== EXERCISE AIM ==
Lines below starting with the line with "cells ra rb [] = []" and going on through the line with "next_row_lem : (x" must be output exactly; the rest of the records must be left out.

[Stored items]
··········

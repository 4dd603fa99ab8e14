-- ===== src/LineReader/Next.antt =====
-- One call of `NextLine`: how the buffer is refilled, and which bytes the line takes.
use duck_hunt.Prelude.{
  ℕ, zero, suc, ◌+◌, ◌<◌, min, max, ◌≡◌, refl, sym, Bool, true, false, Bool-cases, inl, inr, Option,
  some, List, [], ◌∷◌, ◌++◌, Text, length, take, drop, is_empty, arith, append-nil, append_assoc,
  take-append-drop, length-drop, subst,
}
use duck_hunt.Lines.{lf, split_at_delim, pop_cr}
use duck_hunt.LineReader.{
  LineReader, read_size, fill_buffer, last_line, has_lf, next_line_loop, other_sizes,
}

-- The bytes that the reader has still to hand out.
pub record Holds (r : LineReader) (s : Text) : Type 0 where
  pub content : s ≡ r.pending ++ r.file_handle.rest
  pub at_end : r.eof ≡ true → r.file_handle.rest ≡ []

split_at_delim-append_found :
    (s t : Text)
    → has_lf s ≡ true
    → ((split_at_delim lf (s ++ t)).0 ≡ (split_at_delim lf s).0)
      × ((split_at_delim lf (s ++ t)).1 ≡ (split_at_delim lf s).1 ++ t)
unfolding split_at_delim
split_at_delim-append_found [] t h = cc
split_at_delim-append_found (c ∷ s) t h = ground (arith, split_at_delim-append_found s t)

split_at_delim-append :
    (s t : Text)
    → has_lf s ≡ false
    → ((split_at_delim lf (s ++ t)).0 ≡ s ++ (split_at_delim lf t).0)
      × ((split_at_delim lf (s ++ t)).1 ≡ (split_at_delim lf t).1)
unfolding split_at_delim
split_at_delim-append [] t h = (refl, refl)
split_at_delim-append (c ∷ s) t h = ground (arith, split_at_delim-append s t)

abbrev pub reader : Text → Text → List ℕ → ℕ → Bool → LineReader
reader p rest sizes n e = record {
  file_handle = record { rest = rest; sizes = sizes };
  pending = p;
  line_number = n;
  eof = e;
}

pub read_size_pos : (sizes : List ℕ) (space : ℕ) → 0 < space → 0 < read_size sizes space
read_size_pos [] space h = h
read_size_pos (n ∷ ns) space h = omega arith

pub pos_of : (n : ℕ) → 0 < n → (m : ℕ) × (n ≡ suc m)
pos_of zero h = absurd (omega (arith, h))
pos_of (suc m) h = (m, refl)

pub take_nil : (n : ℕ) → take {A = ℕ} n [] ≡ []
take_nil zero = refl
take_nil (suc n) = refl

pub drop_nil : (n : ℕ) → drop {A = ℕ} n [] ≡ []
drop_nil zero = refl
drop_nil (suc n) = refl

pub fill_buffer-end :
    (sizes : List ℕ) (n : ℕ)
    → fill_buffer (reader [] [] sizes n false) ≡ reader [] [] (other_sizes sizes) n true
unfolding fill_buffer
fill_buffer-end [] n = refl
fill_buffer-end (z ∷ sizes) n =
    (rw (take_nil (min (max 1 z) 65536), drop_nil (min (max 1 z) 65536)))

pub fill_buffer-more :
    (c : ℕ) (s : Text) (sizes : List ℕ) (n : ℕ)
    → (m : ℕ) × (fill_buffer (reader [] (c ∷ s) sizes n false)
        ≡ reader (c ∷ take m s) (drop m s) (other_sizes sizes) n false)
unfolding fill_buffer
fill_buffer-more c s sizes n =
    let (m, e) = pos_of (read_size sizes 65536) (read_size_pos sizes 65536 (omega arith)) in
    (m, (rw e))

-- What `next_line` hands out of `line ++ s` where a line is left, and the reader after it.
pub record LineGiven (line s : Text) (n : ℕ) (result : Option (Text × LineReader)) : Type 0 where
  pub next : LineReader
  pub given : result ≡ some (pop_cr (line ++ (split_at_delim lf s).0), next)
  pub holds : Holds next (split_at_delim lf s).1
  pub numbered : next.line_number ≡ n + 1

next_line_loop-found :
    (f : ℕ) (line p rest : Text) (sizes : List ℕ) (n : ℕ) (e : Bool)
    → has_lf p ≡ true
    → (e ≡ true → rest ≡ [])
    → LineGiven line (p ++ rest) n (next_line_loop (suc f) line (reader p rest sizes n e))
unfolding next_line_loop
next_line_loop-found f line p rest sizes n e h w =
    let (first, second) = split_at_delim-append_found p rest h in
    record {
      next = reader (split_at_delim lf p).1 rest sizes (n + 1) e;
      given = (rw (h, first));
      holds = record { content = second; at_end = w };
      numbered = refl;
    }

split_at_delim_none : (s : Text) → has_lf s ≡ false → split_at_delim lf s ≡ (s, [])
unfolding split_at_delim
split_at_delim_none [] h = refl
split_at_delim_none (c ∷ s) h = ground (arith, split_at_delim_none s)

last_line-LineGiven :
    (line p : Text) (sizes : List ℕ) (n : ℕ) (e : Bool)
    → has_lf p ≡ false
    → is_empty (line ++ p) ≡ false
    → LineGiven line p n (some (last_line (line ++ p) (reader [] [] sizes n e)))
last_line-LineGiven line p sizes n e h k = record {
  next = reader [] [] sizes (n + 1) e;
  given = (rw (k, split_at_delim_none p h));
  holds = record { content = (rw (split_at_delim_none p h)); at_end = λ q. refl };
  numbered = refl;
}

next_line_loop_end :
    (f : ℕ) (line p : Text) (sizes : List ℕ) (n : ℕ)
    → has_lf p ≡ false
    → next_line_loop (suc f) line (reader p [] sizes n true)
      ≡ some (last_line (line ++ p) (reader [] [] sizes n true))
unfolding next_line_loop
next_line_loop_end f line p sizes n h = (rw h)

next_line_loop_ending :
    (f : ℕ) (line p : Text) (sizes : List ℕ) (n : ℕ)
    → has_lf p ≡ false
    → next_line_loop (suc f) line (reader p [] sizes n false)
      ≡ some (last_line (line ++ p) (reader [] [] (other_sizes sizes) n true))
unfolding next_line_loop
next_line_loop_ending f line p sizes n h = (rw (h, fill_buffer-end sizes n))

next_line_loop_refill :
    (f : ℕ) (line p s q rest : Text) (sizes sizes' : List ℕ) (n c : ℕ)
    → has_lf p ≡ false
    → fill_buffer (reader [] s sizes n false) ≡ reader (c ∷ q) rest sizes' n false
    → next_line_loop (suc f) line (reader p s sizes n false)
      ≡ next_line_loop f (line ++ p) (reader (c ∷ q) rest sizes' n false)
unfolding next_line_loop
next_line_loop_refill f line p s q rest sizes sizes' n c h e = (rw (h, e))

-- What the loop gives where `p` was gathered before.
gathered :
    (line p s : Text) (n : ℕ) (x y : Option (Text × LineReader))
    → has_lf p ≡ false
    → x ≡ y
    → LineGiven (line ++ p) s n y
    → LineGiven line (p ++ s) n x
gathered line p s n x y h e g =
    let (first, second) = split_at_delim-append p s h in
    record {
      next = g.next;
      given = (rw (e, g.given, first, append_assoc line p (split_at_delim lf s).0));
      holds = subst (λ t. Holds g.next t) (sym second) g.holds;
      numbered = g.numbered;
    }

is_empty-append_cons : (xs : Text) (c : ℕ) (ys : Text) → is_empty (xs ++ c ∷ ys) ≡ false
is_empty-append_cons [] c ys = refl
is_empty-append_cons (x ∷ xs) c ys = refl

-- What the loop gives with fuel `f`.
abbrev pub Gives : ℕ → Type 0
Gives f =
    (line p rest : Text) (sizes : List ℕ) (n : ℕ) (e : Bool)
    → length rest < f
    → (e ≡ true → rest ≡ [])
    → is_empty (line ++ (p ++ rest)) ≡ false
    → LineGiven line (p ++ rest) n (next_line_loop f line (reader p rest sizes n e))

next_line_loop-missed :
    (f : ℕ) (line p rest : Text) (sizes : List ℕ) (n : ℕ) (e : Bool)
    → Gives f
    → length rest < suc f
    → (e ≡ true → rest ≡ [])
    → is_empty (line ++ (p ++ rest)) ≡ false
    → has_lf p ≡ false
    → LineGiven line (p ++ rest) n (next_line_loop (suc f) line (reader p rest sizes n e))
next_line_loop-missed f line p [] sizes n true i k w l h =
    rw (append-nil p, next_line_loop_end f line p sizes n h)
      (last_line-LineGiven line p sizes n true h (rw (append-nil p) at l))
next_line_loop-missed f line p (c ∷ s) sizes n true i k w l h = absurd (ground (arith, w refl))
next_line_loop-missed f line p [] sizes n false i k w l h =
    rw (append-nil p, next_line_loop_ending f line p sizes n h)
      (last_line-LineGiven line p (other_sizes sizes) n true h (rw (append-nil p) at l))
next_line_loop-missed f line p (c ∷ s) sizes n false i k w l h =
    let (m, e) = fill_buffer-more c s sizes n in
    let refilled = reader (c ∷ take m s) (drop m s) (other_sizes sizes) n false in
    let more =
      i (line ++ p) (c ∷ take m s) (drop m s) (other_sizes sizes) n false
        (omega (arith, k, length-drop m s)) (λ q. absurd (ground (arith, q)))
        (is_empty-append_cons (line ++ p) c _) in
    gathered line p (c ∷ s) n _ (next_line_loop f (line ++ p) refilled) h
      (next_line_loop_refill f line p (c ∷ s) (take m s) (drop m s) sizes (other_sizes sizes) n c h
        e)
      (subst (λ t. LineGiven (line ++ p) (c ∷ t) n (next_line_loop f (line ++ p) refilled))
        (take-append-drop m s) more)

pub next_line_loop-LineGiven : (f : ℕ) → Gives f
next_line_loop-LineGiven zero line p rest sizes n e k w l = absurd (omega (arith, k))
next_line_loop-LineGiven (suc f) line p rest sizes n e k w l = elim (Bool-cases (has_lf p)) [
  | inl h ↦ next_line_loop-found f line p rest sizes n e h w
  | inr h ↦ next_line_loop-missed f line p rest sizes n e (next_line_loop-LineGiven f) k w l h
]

··········

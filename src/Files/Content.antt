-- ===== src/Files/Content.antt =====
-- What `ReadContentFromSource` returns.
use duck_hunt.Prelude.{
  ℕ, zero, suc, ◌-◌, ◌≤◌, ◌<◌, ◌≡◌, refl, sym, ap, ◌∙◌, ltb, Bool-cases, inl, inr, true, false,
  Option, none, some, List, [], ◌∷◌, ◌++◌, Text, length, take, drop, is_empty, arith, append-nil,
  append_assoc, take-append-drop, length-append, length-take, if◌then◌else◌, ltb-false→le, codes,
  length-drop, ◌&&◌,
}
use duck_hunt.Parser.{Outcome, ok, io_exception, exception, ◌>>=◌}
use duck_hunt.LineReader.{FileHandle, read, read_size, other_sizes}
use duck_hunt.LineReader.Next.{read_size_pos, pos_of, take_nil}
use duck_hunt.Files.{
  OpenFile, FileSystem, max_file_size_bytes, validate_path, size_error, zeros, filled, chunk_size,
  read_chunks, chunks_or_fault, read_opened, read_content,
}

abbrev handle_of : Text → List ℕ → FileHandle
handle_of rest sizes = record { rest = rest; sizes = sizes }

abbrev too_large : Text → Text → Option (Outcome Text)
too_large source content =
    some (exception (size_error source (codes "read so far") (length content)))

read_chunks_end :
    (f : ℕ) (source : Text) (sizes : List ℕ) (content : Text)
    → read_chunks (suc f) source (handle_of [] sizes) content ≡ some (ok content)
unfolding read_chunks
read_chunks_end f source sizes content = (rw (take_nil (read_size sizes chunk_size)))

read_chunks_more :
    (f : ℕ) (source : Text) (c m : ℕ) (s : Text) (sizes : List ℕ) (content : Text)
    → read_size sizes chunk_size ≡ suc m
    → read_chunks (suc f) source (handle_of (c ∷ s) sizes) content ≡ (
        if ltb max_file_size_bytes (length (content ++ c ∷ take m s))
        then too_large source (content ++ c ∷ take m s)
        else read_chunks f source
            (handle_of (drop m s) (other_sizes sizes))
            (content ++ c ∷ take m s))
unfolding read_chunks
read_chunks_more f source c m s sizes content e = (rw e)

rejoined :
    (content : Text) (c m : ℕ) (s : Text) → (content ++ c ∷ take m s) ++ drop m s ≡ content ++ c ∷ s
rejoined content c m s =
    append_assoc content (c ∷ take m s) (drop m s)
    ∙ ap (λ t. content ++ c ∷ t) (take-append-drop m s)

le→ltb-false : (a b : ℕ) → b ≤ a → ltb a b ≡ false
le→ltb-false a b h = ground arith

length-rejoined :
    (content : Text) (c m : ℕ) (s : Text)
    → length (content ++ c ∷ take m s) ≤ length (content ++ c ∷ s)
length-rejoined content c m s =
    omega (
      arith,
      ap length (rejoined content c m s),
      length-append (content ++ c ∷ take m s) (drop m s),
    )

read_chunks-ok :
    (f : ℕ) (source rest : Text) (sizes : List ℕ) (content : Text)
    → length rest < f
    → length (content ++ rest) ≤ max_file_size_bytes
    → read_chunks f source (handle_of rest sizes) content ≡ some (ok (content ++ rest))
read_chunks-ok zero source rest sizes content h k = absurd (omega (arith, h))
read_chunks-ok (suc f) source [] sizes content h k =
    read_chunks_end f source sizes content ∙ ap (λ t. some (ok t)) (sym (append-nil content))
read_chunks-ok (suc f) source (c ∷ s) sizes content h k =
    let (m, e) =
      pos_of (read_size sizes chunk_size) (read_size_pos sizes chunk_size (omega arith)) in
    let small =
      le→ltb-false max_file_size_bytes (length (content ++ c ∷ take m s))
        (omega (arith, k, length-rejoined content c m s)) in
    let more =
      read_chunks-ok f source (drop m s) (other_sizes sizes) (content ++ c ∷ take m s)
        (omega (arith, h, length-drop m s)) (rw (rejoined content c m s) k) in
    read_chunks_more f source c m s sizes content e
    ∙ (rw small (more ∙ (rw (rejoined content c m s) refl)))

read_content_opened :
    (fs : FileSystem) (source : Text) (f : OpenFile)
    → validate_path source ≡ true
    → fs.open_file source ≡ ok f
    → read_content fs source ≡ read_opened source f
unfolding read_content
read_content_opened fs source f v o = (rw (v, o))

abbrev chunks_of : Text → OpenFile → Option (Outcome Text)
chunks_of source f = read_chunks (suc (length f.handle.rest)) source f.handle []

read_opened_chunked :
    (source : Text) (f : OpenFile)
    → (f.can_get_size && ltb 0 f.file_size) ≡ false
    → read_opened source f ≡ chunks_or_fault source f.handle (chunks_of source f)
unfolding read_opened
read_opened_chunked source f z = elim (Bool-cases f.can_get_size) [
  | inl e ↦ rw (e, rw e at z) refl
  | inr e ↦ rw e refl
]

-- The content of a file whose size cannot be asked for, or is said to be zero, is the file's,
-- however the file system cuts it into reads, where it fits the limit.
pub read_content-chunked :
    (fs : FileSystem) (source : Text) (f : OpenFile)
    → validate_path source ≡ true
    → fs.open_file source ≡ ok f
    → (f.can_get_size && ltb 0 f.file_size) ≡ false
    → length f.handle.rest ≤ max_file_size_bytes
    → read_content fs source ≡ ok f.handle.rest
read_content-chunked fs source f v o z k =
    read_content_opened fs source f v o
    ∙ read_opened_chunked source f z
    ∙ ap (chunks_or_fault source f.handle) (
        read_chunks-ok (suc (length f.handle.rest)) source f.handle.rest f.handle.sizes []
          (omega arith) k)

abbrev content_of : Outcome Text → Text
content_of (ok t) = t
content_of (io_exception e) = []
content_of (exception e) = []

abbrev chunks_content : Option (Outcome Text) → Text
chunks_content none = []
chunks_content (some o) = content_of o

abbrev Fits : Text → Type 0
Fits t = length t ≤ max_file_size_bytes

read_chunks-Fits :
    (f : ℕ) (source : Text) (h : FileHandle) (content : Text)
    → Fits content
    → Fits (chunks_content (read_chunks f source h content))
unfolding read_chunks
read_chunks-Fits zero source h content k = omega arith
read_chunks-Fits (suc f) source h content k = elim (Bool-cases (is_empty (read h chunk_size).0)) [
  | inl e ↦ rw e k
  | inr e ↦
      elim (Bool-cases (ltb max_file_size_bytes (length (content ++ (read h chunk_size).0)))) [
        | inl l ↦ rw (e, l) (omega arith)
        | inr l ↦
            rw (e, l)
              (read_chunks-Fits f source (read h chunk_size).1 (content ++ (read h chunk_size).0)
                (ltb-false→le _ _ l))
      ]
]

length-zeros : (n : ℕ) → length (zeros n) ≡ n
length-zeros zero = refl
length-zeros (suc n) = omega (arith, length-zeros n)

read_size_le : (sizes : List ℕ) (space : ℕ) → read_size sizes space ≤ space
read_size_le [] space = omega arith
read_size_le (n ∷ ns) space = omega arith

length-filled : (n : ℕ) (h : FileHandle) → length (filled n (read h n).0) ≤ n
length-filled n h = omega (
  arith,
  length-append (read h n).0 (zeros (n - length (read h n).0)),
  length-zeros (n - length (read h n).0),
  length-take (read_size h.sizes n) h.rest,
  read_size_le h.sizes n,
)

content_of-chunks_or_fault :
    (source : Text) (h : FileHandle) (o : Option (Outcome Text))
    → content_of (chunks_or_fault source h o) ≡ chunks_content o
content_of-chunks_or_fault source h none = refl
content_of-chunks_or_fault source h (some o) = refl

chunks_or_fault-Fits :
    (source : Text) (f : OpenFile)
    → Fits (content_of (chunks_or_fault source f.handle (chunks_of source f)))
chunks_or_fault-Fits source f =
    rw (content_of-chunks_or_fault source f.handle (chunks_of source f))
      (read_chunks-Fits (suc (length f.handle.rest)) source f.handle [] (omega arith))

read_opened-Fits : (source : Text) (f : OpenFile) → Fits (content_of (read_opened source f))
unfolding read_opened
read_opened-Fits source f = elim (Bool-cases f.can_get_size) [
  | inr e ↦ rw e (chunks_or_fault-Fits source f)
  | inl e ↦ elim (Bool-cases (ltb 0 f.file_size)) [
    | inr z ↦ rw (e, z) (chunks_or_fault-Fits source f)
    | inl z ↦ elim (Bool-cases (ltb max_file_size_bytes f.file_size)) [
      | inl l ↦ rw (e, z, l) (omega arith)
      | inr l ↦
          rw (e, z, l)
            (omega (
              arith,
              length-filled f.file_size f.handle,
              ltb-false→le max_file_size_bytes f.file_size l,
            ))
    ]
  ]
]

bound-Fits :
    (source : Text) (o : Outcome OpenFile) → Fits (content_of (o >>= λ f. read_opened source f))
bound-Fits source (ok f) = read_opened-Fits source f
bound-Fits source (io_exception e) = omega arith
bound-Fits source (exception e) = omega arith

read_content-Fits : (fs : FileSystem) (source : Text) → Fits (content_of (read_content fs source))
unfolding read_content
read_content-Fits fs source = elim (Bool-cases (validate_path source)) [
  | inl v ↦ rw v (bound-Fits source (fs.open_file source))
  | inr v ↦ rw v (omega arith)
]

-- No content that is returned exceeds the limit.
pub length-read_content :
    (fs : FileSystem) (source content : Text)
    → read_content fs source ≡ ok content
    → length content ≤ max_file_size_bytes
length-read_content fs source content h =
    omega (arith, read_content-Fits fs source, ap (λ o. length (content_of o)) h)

··········

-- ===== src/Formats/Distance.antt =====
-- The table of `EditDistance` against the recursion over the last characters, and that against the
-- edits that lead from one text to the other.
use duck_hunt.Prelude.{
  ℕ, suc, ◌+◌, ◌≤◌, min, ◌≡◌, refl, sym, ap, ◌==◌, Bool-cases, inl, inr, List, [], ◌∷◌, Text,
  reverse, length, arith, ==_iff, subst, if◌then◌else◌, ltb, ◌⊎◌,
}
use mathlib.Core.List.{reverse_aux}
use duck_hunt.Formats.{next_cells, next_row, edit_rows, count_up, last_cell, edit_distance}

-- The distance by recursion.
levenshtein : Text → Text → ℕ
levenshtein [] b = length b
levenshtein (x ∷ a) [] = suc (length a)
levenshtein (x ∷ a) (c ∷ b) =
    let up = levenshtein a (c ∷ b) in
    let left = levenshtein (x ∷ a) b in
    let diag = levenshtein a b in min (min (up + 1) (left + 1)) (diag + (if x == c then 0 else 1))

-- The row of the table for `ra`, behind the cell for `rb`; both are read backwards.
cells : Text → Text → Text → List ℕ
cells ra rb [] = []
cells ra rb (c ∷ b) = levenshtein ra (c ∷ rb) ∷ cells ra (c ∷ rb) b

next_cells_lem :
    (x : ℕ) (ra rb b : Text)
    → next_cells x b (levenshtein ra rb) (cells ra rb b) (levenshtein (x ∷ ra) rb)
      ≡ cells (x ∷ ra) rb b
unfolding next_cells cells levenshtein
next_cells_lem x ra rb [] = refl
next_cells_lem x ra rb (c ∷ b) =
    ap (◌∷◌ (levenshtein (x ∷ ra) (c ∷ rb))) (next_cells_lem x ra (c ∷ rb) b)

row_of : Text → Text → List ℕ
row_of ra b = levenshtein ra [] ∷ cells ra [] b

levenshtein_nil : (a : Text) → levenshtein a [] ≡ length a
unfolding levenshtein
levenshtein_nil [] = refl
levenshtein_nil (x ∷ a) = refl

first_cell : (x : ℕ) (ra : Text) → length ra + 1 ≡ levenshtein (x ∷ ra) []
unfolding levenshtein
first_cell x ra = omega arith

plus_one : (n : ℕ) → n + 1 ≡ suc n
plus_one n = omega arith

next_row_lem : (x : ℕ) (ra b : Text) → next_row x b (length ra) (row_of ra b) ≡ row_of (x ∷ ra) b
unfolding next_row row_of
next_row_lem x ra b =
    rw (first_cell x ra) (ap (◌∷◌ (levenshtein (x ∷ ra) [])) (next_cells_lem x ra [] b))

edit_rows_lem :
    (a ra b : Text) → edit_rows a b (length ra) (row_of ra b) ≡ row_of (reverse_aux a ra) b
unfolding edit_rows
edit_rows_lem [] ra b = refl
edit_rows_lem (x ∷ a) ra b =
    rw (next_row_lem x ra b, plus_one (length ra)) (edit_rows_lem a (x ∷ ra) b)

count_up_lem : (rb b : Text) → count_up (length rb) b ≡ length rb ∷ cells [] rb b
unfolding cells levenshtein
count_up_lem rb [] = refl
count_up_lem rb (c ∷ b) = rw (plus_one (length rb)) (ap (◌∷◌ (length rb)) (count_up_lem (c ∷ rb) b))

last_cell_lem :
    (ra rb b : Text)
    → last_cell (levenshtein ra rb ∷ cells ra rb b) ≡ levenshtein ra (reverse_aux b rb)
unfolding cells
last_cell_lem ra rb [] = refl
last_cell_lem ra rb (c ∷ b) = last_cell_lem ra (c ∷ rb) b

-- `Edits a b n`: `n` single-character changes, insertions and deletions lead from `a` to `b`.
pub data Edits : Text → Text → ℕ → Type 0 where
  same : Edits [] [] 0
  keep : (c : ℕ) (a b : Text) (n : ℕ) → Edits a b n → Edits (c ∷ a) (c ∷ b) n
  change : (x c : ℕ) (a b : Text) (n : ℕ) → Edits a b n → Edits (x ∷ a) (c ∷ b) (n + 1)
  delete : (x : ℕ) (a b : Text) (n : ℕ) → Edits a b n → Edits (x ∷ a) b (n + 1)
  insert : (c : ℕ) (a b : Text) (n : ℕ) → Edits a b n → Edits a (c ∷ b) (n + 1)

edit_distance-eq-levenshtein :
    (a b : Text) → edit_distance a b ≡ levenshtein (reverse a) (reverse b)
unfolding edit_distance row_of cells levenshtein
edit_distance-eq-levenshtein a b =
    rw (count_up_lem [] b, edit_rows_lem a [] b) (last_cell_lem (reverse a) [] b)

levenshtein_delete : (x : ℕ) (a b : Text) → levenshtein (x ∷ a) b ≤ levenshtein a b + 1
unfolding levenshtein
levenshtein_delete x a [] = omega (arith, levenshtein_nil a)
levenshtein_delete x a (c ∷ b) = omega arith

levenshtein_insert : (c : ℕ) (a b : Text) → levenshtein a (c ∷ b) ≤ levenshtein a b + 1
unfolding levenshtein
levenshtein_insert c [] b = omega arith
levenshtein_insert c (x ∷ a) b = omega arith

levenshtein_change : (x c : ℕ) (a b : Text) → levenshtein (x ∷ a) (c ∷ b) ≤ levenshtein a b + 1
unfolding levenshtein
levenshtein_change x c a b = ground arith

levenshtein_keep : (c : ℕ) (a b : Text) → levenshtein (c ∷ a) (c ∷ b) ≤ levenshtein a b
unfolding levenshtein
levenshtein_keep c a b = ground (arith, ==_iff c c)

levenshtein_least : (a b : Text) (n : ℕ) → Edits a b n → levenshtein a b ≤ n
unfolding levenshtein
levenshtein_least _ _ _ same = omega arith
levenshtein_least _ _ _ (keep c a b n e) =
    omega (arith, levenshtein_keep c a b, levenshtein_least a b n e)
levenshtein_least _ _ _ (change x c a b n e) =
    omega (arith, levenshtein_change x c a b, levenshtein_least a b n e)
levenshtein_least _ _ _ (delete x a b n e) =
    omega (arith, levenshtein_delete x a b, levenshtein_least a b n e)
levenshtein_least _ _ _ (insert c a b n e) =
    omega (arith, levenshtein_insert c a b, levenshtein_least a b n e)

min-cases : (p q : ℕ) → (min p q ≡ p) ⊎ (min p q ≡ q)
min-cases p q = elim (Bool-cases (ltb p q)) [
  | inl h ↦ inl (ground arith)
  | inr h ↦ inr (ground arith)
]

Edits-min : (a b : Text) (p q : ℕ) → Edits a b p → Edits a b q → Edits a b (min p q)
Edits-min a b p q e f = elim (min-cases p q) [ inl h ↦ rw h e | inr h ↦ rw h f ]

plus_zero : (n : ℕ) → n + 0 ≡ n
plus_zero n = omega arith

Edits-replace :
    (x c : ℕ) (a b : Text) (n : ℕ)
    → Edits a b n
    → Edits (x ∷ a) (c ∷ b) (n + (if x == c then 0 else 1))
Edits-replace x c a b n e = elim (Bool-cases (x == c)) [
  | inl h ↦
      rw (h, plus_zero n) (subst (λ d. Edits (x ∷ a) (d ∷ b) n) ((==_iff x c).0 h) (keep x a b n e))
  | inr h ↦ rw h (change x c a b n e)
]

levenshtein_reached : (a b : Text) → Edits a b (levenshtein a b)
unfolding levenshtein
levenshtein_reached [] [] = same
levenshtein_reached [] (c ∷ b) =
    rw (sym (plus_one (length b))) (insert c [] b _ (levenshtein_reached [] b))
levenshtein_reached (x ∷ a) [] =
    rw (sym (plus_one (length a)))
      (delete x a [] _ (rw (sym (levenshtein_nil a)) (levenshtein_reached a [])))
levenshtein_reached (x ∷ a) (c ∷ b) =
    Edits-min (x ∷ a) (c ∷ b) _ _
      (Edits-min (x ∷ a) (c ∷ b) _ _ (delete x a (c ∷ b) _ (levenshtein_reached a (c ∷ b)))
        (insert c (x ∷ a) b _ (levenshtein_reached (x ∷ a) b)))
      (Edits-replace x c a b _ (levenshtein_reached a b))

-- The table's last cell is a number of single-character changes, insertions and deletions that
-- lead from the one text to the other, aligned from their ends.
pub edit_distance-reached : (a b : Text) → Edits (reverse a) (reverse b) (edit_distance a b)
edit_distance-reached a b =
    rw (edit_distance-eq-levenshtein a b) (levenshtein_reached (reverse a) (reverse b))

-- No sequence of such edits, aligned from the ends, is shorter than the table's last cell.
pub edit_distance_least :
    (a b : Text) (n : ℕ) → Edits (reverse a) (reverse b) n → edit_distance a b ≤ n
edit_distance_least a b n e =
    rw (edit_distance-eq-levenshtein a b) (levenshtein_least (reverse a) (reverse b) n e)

··········

== RESULT FOR THIS EXERCISE ==
cells ra rb [] = []
cells ra rb (c ∷ b) = levenshtein ra (c ∷ rb) ∷ cells ra (c ∷ rb) b

next_cells_lem :
    (x : ℕ) (ra rb b : Text)
    → next_cells x b (levenshtein ra rb) (cells ra rb b) (levenshtein (x ∷ ra) rb)
      ≡ cells (x ∷ ra) rb b
unfolding next_cells cells levenshtein
next_cells_lem x ra rb [] = refl
next_cells_lem x ra rb (c ∷ b) =
    ap (◌∷◌ (levenshtein (x ∷ ra) (c ∷ rb))) (next_cells_lem x ra (c ∷ rb) b)

row_of : Text → Text → List ℕ
row_of ra b = levenshtein ra [] ∷ cells ra [] b

levenshtein_nil : (a : Text) → levenshtein a [] ≡ length a
unfolding levenshtein
levenshtein_nil [] = refl
levenshtein_nil (x ∷ a) = refl

first_cell : (x : ℕ) (ra : Text) → length ra + 1 ≡ levenshtein (x ∷ ra) []
unfolding levenshtein
first_cell x ra = omega arith

plus_one : (n : ℕ) → n + 1 ≡ suc n
plus_one n = omega arith

next_row_lem : (x : ℕ) (ra b : Text) → next_row x b (length ra) (row_of ra b) ≡ row_of (x ∷ ra) b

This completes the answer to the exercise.